The whole of the data is to be reproduced exactly.

Saved entries:

-=-=-=-=-

-- ===== src/Rpc/ClientChannel/Closing.antt =====
-- What Close of the client's channel leaves.
use goutils.Common.{
  ℕ, ◌≡◌, refl, sym, ap, subst, Bool, true, false, ◌||◌, Option, none, some, List, [], ◌∷◌,
  if◌then◌else◌, ◌==◌, arith, All,
}
use goutils.Rpc.StreamMap.{get, put, remove, remove_absent}
use goutils.Rpc.Channel.{Channel, close_with_reason}
use goutils.Rpc.BaseStream.{BaseStream, close_with_error}
use goutils.Rpc.ClientStream.{Request, ClientStream, close}
use goutils.Rpc.ClientChannel.{
  ClientChannel, on_channel, call, closes, call_found, call_stream, ids, close_each, close_channel,
}

close-closed : (s : ClientStream) → (close s).base.closed ≡ true
unfolding close close_with_error
close-closed s = go s.base.closed refl
  where
    b : BaseStream
    b = record (s.base) { cancelled = true }

    go : (x : Bool) → s.base.closed ≡ x → (close_with_error none false b).closed ≡ true
    go x e = ground (arith, e)

call_stream-closes :
    (c : ClientChannel) (id : ℕ) → (call_stream closes c id).1.streams ≡ remove c.streams id
unfolding call_stream call
call_stream-closes c id = go (get c.streams id) refl
  where
    go :
        (r : Option ClientStream)
        → get c.streams id ≡ r
        → (call_found closes c id r).1.streams ≡ remove c.streams id
    go none e = sym (remove_absent c.streams id e)
    go (some s) e =
        ap (λ b. if b then remove c.streams id else put c.streams id (close (on_channel c s)))
          (close-closed (on_channel c s))

is_listed : List ℕ → ℕ → Bool
is_listed [] j = false
is_listed (i ∷ l) j = (i == j) || is_listed l j

abbrev AreListed : List ℕ → List (ℕ × ClientStream) → Type 0
AreListed l m = All (λ x. is_listed l x.0 ≡ true) m

remove-AreListed :
    (i : ℕ) (l : List ℕ) (m : List (ℕ × ClientStream))
    → AreListed (i ∷ l) m
    → AreListed l (remove m i)
unfolding is_listed remove
remove-AreListed i l [] h = tt
remove-AreListed i l ((j, s) ∷ m) (p, h) = go (j == i) refl (remove-AreListed i l m h)
  where
    go :
        (b : Bool)
        → (j == i) ≡ b
        → AreListed l (remove m i)
        → AreListed l (if b then remove m i else (j, s) ∷ remove m i)
    go true e rest = rest
    go false e rest = (ground (arith, p, e), rest)

close_each_empty :
    (l : List ℕ) (c : ClientChannel) → AreListed l c.streams → (close_each l c).streams ≡ []
unfolding is_listed
close_each_empty [] c h = go c.streams h
  where
    go : (m : List (ℕ × ClientStream)) → AreListed [] m → m ≡ []
    go [] h = refl
    go (x ∷ m) (p, h) = absurd (cc)
close_each_empty (i ∷ l) c h =
    close_each_empty l (call_stream closes c i).1
      (subst (AreListed l) (sym (call_stream-closes c i)) (remove-AreListed i l c.streams h))

more-AreListed :
    (i : ℕ) (l : List ℕ) (m : List (ℕ × ClientStream)) → AreListed l m → AreListed (i ∷ l) m
unfolding is_listed
more-AreListed i l [] h = tt
more-AreListed i l (x ∷ m) (p, h) = (ground (arith, p), more-AreListed i l m h)

ids-AreListed : (m : List (ℕ × ClientStream)) → AreListed (ids m) m
unfolding is_listed
ids-AreListed [] = tt
ids-AreListed ((i, s) ∷ m) = (ground arith, more-AreListed i (ids m) m (ids-AreListed m))

-- After Close of the client's channel it has no stream left, and its data channel is closed.
pub close_channel_lem :
    (c : ClientChannel) → ((close_channel c).streams ≡ []) × ((close_channel c).base.closed ≡ true)
unfolding close_channel close_with_reason
close_channel_lem c =
    let d = close_each (ids c.streams) c in
    (close_each_empty (ids c.streams) c (ids-AreListed c.streams), go d.base d.base.closed refl)
  where
    go :
        (ch : Channel Request) (b : Bool)
        → ch.closed ≡ b
        → (if ch.closed
            then ch
            else record ch { closed = true; closed_reason = none; cancelled = true }).closed
          ≡ true
    go ch b e = ground (arith, e)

-=-=-=-=-

* _Solution below_
-- ===== src/Rpc/ClientChannel/Closing.antt =====
-- What Close of the client's channel leaves.
use goutils.Common.{
  ℕ, ◌≡◌, refl, sym, ap, subst, Bool, true, false, ◌||◌, Option, none, some, List, [], ◌∷◌,
  if◌then◌else◌, ◌==◌, arith, All,
}
use goutils.Rpc.StreamMap.{get, put, remove, remove_absent}
use goutils.Rpc.Channel.{Channel, close_with_reason}
use goutils.Rpc.BaseStream.{BaseStream, close_with_error}
use goutils.Rpc.ClientStream.{Request, ClientStream, close}
use goutils.Rpc.ClientChannel.{
  ClientChannel, on_channel, call, closes, call_found, call_stream, ids, close_each, close_channel,
}

close-closed : (s : ClientStream) → (close s).base.closed ≡ true
unfolding close close_with_error
close-closed s = go s.base.closed refl
  where
    b : BaseStream
    b = record (s.base) { cancelled = true }

    go : (x : Bool) → s.base.closed ≡ x → (close_with_error none false b).closed ≡ true
    go x e = ground (arith, e)

call_stream-closes :
    (c : ClientChannel) (id : ℕ) → (call_stream closes c id).1.streams ≡ remove c.streams id
unfolding call_stream call
call_stream-closes c id = go (get c.streams id) refl
  where
    go :
        (r : Option ClientStream)
        → get c.streams id ≡ r
        → (call_found closes c id r).1.streams ≡ remove c.streams id
    go none e = sym (remove_absent c.streams id e)
    go (some s) e =
        ap (λ b. if b then remove c.streams id else put c.streams id (close (on_channel c s)))
          (close-closed (on_channel c s))

is_listed : List ℕ → ℕ → Bool
is_listed [] j = false
is_listed (i ∷ l) j = (i == j) || is_listed l j

abbrev AreListed : List ℕ → List (ℕ × ClientStream) → Type 0
AreListed l m = All (λ x. is_listed l x.0 ≡ true) m

remove-AreListed :
    (i : ℕ) (l : List ℕ) (m : List (ℕ × ClientStream))
    → AreListed (i ∷ l) m
    → AreListed l (remove m i)
unfolding is_listed remove
remove-AreListed i l [] h = tt
remove-AreListed i l ((j, s) ∷ m) (p, h) = go (j == i) refl (remove-AreListed i l m h)
  where
    go :
        (b : Bool)
        → (j == i) ≡ b
        → AreListed l (remove m i)
        → AreListed l (if b then remove m i else (j, s) ∷ remove m i)
    go true e rest = rest
    go false e rest = (ground (arith, p, e), rest)

close_each_empty :
    (l : List ℕ) (c : ClientChannel) → AreListed l c.streams → (close_each l c).streams ≡ []
unfolding is_listed
close_each_empty [] c h = go c.streams h
  where
    go : (m : List (ℕ × ClientStream)) → AreListed [] m → m ≡ []
    go [] h = refl
    go (x ∷ m) (p, h) = absurd (cc)
close_each_empty (i ∷ l) c h =
    close_each_empty l (call_stream closes c i).1
      (subst (AreListed l) (sym (call_stream-closes c i)) (remove-AreListed i l c.streams h))

more-AreListed :
    (i : ℕ) (l : List ℕ) (m : List (ℕ × ClientStream)) → AreListed l m → AreListed (i ∷ l) m
unfolding is_listed
more-AreListed i l [] h = tt
more-AreListed i l (x ∷ m) (p, h) = (ground (arith, p), more-AreListed i l m h)

ids-AreListed : (m : List (ℕ × ClientStream)) → AreListed (ids m) m
unfolding is_listed
ids-AreListed [] = tt
ids-AreListed ((i, s) ∷ m) = (ground arith, more-AreListed i (ids m) m (ids-AreListed m))

-- After Close of the client's channel it has no stream left, and its data channel is closed.
pub close_channel_lem :
    (c : ClientChannel) → ((close_channel c).streams ≡ []) × ((close_channel c).base.closed ≡ true)
unfolding close_channel close_with_reason
close_channel_lem c =
    let d = close_each (ids c.streams) c in
    (close_each_empty (ids c.streams) c (ids-AreListed c.streams), go d.base d.base.closed refl)
  where
    go :
        (ch : Channel Request) (b : Bool)
        → ch.closed ≡ b
        → (if ch.closed
            then ch
            else record ch { closed = true; closed_reason = none; cancelled = true }).closed
          ≡ true
    go ch b e = ground (arith, e)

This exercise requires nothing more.